Oscillations Make Neural Networks Robust to Quantization
This work addresses the challenge of maintaining model accuracy under quantization for neural networks, particularly in finding weights robust to bit changes, which is an incremental advance over current methods that struggle to match QAT accuracy at specific bits.
The paper tackles the problem of model performance degradation during quantization by proposing a novel regularization method that induces weight oscillations to improve robustness, achieving results that match QAT accuracy at >= 3-bit weight quantization and maintain close to full precision accuracy at higher bits.

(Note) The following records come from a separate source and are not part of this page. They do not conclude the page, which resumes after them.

-- ===== src/Manage/Distinct.antt =====
-- The names of the users, and what the edits of scripts/manage-users.go do to them.
use multi_protocol_proxy.Prelude.{
  ℕ, zero, suc, Bool, false, List, [], ◌∷◌, ◌++◌, Bytes, str_eq, take, drop, All, ◌≡◌, refl, ap,
  ◌∙◌, arith, Bool-cases, inl, inr,
}
use multi_protocol_proxy.Auth.{User, UsersConfig, UsersFile}
use multi_protocol_proxy.Manage.{
  Tools, Lines, exists, Change, changes, prompt_default, set_user, changed, change_password,
  change_expiry, ask_changes, load_config,
}

-- The names in the order of the file.
abbrev pub names : List User → List Bytes
names [] = []
names (u ∷ us) = u.username ∷ names us

-- No name and a later one are equal for `strings.EqualFold`.
abbrev pub AreDistinct : (Bytes → Bytes → Bool) → List Bytes → Type 0
AreDistinct equal_fold [] = Unit {0}
AreDistinct equal_fold (n ∷ ns) = All (λ m. equal_fold n m ≡ false) ns × AreDistinct equal_fold ns

-- No two users of the file have names that are equal for it.
abbrev pub HasDistinct : Tools → UsersFile → Type 0
HasDistinct t file = AreDistinct t.equal_fold (names (load_config file).users)

pub exists-All :
    (equal_fold : Bytes → Bytes → Bool) (name : Bytes) (us : List User)
    → exists equal_fold name us ≡ false
    → All (λ m. equal_fold m name ≡ false) (names us)
unfolding exists
exists-All equal_fold name [] e = tt
exists-All equal_fold name (u ∷ us) e =
    (ground (arith, e), exists-All equal_fold name us (ground (arith, e)))

module _ {ℓ κ} {A : Type ℓ} (P : A → Type κ) where
  All-append : (xs : List A) (y : A) → All P xs → P y → All P (xs ++ y ∷ [])
  All-append [] y h p = (p, tt)
  All-append (x ∷ xs) y h p = (h.0, All-append xs y h.1 p)

  All-without : (i : ℕ) (xs : List A) → All P xs → All P (take i xs ++ drop (suc i) xs)
  All-without zero [] h = tt
  All-without zero (x ∷ xs) h = h.1
  All-without (suc i) [] h = tt
  All-without (suc i) (x ∷ xs) h = (h.0, All-without i xs h.1)

module _ (equal_fold : Bytes → Bytes → Bool) where
  pub AreDistinct-append :
      (ns : List Bytes) (n : Bytes)
      → AreDistinct equal_fold ns
      → All (λ m. equal_fold m n ≡ false) ns
      → AreDistinct equal_fold (ns ++ n ∷ [])
  AreDistinct-append [] n d h = (tt, tt)
  AreDistinct-append (m ∷ ns) n d h =
      (All-append (λ k. equal_fold m k ≡ false) ns n d.0 h.0, AreDistinct-append ns n d.1 h.1)

  pub AreDistinct-without :
      (i : ℕ) (ns : List Bytes)
      → AreDistinct equal_fold ns
      → AreDistinct equal_fold (take i ns ++ drop (suc i) ns)
  AreDistinct-without zero [] d = tt
  AreDistinct-without zero (n ∷ ns) d = d.1
  AreDistinct-without (suc i) [] d = tt
  AreDistinct-without (suc i) (n ∷ ns) d =
      (All-without (λ k. equal_fold n k ≡ false) i ns d.0, AreDistinct-without i ns d.1)

pub names-append : (us : List User) (u : User) → names (us ++ u ∷ []) ≡ names us ++ u.username ∷ []
names-append [] u = refl
names-append (v ∷ us) u = ap (◌∷◌ v.username) (names-append us u)

pub names-without :
    (i : ℕ) (us : List User)
    → names (take i us ++ drop (suc i) us) ≡ take i (names us) ++ drop (suc i) (names us)
names-without zero [] = refl
names-without zero (u ∷ us) = refl
names-without (suc i) [] = refl
names-without (suc i) (u ∷ us) = ap (◌∷◌ u.username) (names-without i us)

-- A change that leaves the name alone.
abbrev pub KeepsName : (User → User) → Type 0
KeepsName f = (u : User) → (f u).username ≡ u.username

pub names-set_user :
    (f : User → User) (i : ℕ) (us : List User) → KeepsName f → names (set_user f i us) ≡ names us
unfolding set_user
names-set_user f i [] k = refl
names-set_user f zero (u ∷ us) k = ap (λ n. n ∷ names us) (k u)
names-set_user f (suc i) (u ∷ us) k = ap (◌∷◌ u.username) (names-set_user f i us k)

changed-KeepsName :
    (v : Bytes) (f : Bytes → User → User) → KeepsName (f v) → KeepsName (changed v f)
unfolding changed
changed-KeepsName v f k u = elim (Bool-cases (str_eq v [])) [
  | inl kept ↦ rw kept refl
  | inr typed ↦ rw typed (k u)
]

change_password-KeepsName : (t : Tools) (v : Bytes) → KeepsName (change_password t v)
unfolding change_password
change_password-KeepsName t v u = ground arith

change_expiry-KeepsName : (t : Tools) (v : Bytes) → KeepsName (change_expiry t v)
unfolding change_expiry
change_expiry-KeepsName t v u = ground arith

pub ask_changes-KeepsName :
    (fs : List Change) (ls : Lines)
    → All (λ (f : Change). (v : Bytes) → KeepsName (f v)) fs
    → KeepsName (ask_changes fs ls).0
unfolding ask_changes
ask_changes-KeepsName [] ls k u = refl
ask_changes-KeepsName (f ∷ fs) ls k u =
    let v = (prompt_default [] ls).0 in
    ask_changes-KeepsName fs _ k.1 (changed v f u) ∙ changed-KeepsName v f (k.0 v) u

pub changes-KeepsName :
    (t : Tools) → All (λ (f : Change). (v : Bytes) → KeepsName (f v)) (changes t)
unfolding changes
changes-KeepsName t = (
  λ v u. refl,
  (
    λ v u. refl,
    (
      λ v u. refl,
      (λ v u. refl, (λ v u. refl, (change_password-KeepsName t, (change_expiry-KeepsName t, tt)))),
    ),
  ),
)

-- What each command does to a list of distinct names.
abbrev pub Keeps : (Tools → UsersConfig → Lines → UsersConfig × Lines) → Type 0
Keeps command =
    (t : Tools) (cfg : UsersConfig) (ls : Lines)
    → AreDistinct t.equal_fold (names cfg.users)
    → AreDistinct t.equal_fold (names (command t cfg ls).0.users)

We challenge the prevailing view that oscillations in Quantization Aware Training (QAT) are merely undesirable artifacts caused by the Straight-Through Estimator (STE). Through theoretical analysis of QAT in linear models, we demonstrate that the gradient of the loss function can be decomposed into two terms: the original full-precision loss and a term that causes quantization oscillations. Based on these insights, we propose a novel regularization method that induces oscillations to improve quantization robustness. Contrary to traditional methods that focuses on minimizing the effects of oscillations, our approach leverages the beneficial aspects of weight oscillations to preserve model performance under quantization. Our empirical results on ResNet-18 and Tiny ViT demonstrate that this counter-intuitive strategy matches QAT accuracy at >= 3-bit weight quantization, while maintaining close to full precision accuracy at bits greater than the target bit. Our work therefore provides a new perspective on model preparation for quantization, particularly for finding weights that are robust to changes in the bit of the quantizer -- an area where current methods struggle to match the accuracy of QAT at specific bits.